- [WHAT IS NEEDED]:
Each line with the word "some" must appear in the answer, copied from the records.

(Saved data entries)
------

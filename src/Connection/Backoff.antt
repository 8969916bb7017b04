-- ===== src/Connection/Backoff.antt =====
-- The reconnection delays, and what a machine that backs off holds.
use bokkie.Prelude.{
  ℕ, zero, suc, ◌+◌, ◌-◌, ◌*◌, ◌≤◌, ◌<◌, ◌≡◌, refl, sym, ap, ◌∙◌, length, subst, inl, inr, min,
  Bool, true, false, Bool-cases, Option, none, some, List, [], ◌∷◌, ◌++◌, arith, leb, if◌then◌else◌,
}
use bokkie.Protocol.Events.{ClientFrame}
use bokkie.Connection.Machine.{
  State, Input, Command, Connection, same, first_retry, last_retry, u32_max, close_signed_out,
  close_protocol, unreadable_limit, saturating_suc, is_signed_out,
}
use bokkie.Connection.Steps.{delay, closed}
use bokkie.Connection.Handle.{handle, run}

-- The reference for `Connection::delay`: 250 ms, doubled before each further attempt, and capped.
unfoldable pub delays : ℕ → ℕ
delays zero = first_retry
delays (suc n) = min (2 * delays n) last_retry

delays_bounds : (n : ℕ) → (first_retry ≤ delays n) × (delays n ≤ last_retry)
unfolding delays
delays_bounds zero = omega arith
delays_bounds (suc n) = omega (arith, delays_bounds n)

delay_capped : (a : ℕ) → 7 ≤ a → delay a ≡ last_retry
unfolding delay
delay_capped a h = let six : min (a - 1) 6 ≡ 6 = omega arith in rw (six, delay)

-- The delay before the attempt of each number is the reference's.
delay-suc : (n : ℕ) → delay (suc n) ≡ delays n
unfolding delays
delay-suc zero = unfold delay in refl
delay-suc (suc zero) = unfold delay in refl
delay-suc (suc (suc zero)) = unfold delay in refl
delay-suc (suc (suc (suc zero))) = unfold delay in refl
delay-suc (suc (suc (suc (suc zero)))) = unfold delay in refl
delay-suc (suc (suc (suc (suc (suc zero))))) = unfold delay in refl
delay-suc (suc (suc (suc (suc (suc (suc n)))))) =
    omega (
      arith,
      delays_bounds n,
      delay_capped (suc (suc (suc (suc (suc (suc (suc n))))))) (omega arith),
    )

-- The delays that commands ask for.
abbrev pub waits : List Command → List ℕ
waits [] = []
waits (Command.retry_after d ∷ cs) = d ∷ waits cs
waits (_ ∷ cs) = waits cs

-- An attempt whose socket closes, before or after it opened, with the code that the transport reports.
pub record Attempt : Type 0 where
  pub opens : Bool
  pub code : Option ℕ

abbrev pub opening : Bool → List Input → List Input
opening true inputs = Input.opened ∷ inputs
opening false inputs = inputs

-- Failed attempts, each retried when its delay is over.
abbrev pub attempts : List Attempt → List Input
attempts [] = []
attempts (a ∷ more) = opening a.opens (Input.closed a.code ∷ Input.retry_due ∷ attempts more)

-- The reference delays of `k` attempts, from the one of number `n`.
abbrev pub delays_from : ℕ → ℕ → List ℕ
delays_from n zero = []
delays_from n (suc k) = delays n ∷ delays_from (suc n) k

-- No attempt is closed as signed out.
abbrev pub NotSignedOut : List Attempt → Type 0
NotSignedOut [] = Unit
NotSignedOut (a ∷ more) = (same a.code (some close_signed_out) ≡ false) × NotSignedOut more

-- How many are closed with the code of a protocol error.
abbrev pub protocol_errors : List Attempt → ℕ
protocol_errors [] = 0
protocol_errors (a ∷ more) =
    let rest = protocol_errors more in if same a.code (some close_protocol) then suc rest else rest

abbrev error_of : Option ℕ → ℕ
error_of code = if same code (some close_protocol) then 1 else 0

-- What is connecting again after a failed attempt.
abbrev again : Connection → Option ℕ → Connection
again c code = record c {
  failures = suc c.failures;
  refusals = c.refusals + error_of code;
  state = State.connecting;
  awaiting = none;
}

abbrev backed : Connection → Option ℕ → Connection
backed c code = record c {
  failures = suc c.failures;
  refusals = c.refusals + error_of code;
  state = State.backing_off (suc c.failures) (delays c.failures);
}

closed-backed :
    (c : Connection) (code : Option ℕ)
    → c.failures < u32_max
    → same code (some close_signed_out) ≡ false
    → c.refusals + error_of code < unreadable_limit
    → closed c code ≡ (backed c code, Command.retry_after (delays c.failures) ∷ [])
unfolding closed delays
closed-backed c code h n p =
    let f : saturating_suc c.failures ≡ suc c.failures = omega arith in
    elim (Bool-cases (same code (some close_protocol))) [
      | inl e ↦
          let q : c.refusals + 1 < unreadable_limit =
            subst (λ b. c.refusals + (if b then 1 else 0) < unreadable_limit) e p in
          let r : saturating_suc c.refusals ≡ c.refusals + 1 = omega arith in
          let l : leb unreadable_limit (saturating_suc c.refusals) ≡ false = ground arith in
          rw (closed, n, e, l, r, f, delay-suc c.failures) refl
      | inr e ↦
          let z : c.refusals + 0 ≡ c.refusals = omega arith in
          rw (closed, n, e, f, delay-suc c.failures, z) refl
    ]

module _ (c : Connection) (code : Option ℕ) (s : c.state ≡ State.connecting)
    (h : c.failures < u32_max) (n : same code (some close_signed_out) ≡ false)
    (p : c.refusals + error_of code < unreadable_limit) where
  refused-backed :
      handle c (Input.closed code)
      ≡ (backed c code, Command.retry_after (delays c.failures) ∷ Command.check_session ∷ [])
  unfolding handle
  refused-backed =
      subst
        (λ x.
          handle (record c { state = x }) (Input.closed code)
          ≡ (backed c code, Command.retry_after (delays c.failures) ∷ Command.check_session ∷ []))
        (sym s)
        (ap (λ r. (r.0, if is_signed_out r.0.state then r.1 else r.1 ++ Command.check_session ∷ []))
          (closed-backed (record c { state = State.connecting }) code h n p))

  dropped-backed :
      handle (record c { state = State.resuming }) (Input.closed code)
      ≡ (backed c code, Command.retry_after (delays c.failures) ∷ [])
  unfolding handle
  dropped-backed = closed-backed (record c { state = State.resuming }) code h n p

  opened :
      handle c Input.opened
      ≡ (record c { state = State.resuming }, Command.send (ClientFrame.resume c.last) ∷ [])
  unfolding handle
  opened = rw (s) refl

  retried : handle (backed c code) Input.retry_due ≡ (again c code, Command.connect ∷ [])
  unfolding handle
  retried = refl

  -- A failed attempt, whatever comes after it.
  attempt :
      (opens : Bool) (inputs : List Input)
      → (waits (run c (opening opens (Input.closed code ∷ Input.retry_due ∷ inputs))).1
          ≡ delays c.failures ∷ waits (run (again c code) inputs).1)
        × ((run c (opening opens (Input.closed code ∷ Input.retry_due ∷ inputs))).0
            ≡ (run (again c code) inputs).0)
  unfolding run
  attempt true inputs = (
    rw (run, opened, dropped-backed, retried) refl,
    rw (run, opened, dropped-backed, retried) refl,
  )
  attempt false inputs =
      (rw (run, refused-backed, retried) refl, rw (run, refused-backed, retried) refl)

-- A machine that is connecting, and whose next attempts all fail, before the socket opens or after,
-- is connecting again after them with as many more failures, and the delays that it asked for are
-- the doubling sequence, from the one that its failures so far stand at. The closes may have any
-- code but that of a signed-out session, if too few protocol errors are among them for the machine
-- to be outdated.
pub waits-attempts :
    (l : List Attempt) (c : Connection)
    → c.state ≡ State.connecting
    → c.failures + length l ≤ u32_max
    → NotSignedOut l
    → c.refusals + protocol_errors l < unreadable_limit
    → (waits (run c (attempts l)).1 ≡ delays_from c.failures (length l))
      × ((run c (attempts l)).0.state ≡ State.connecting)
      × ((run c (attempts l)).0.failures ≡ c.failures + length l)
waits-attempts [] c s h n p = unfold run in ground arith
waits-attempts (a ∷ l) c s h n p =
    let errors : error_of a.code + protocol_errors l ≡ protocol_errors (a ∷ l) = ground arith in
    let one =
      attempt c a.code s (omega arith) n.0 (omega (arith, p, errors)) a.opens (attempts l) in
    let rest =
      waits-attempts l (again c a.code) refl (omega arith) n.1 (omega (arith, p, errors)) in
    (
      one.0 ∙ ap (◌∷◌ (delays c.failures)) rest.0,
      ap (λ x. x.state) one.1 ∙ rest.1,
      ap (λ x. x.failures) one.1 ∙ rest.2 ∙ omega arith,
    )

------

- [RESPONSE]:
  Bool, true, false, Bool-cases, Option, none, some, List, [], ◌∷◌, ◌++◌, arith, leb, if◌then◌else◌,
NotSignedOut (a ∷ more) = (same a.code (some close_signed_out) ≡ false) × NotSignedOut more
    let rest = protocol_errors more in if same a.code (some close_protocol) then suc rest else rest
error_of code = if same code (some close_protocol) then 1 else 0
    → same code (some close_signed_out) ≡ false
    elim (Bool-cases (same code (some close_protocol))) [
    (h : c.failures < u32_max) (n : same code (some close_signed_out) ≡ false)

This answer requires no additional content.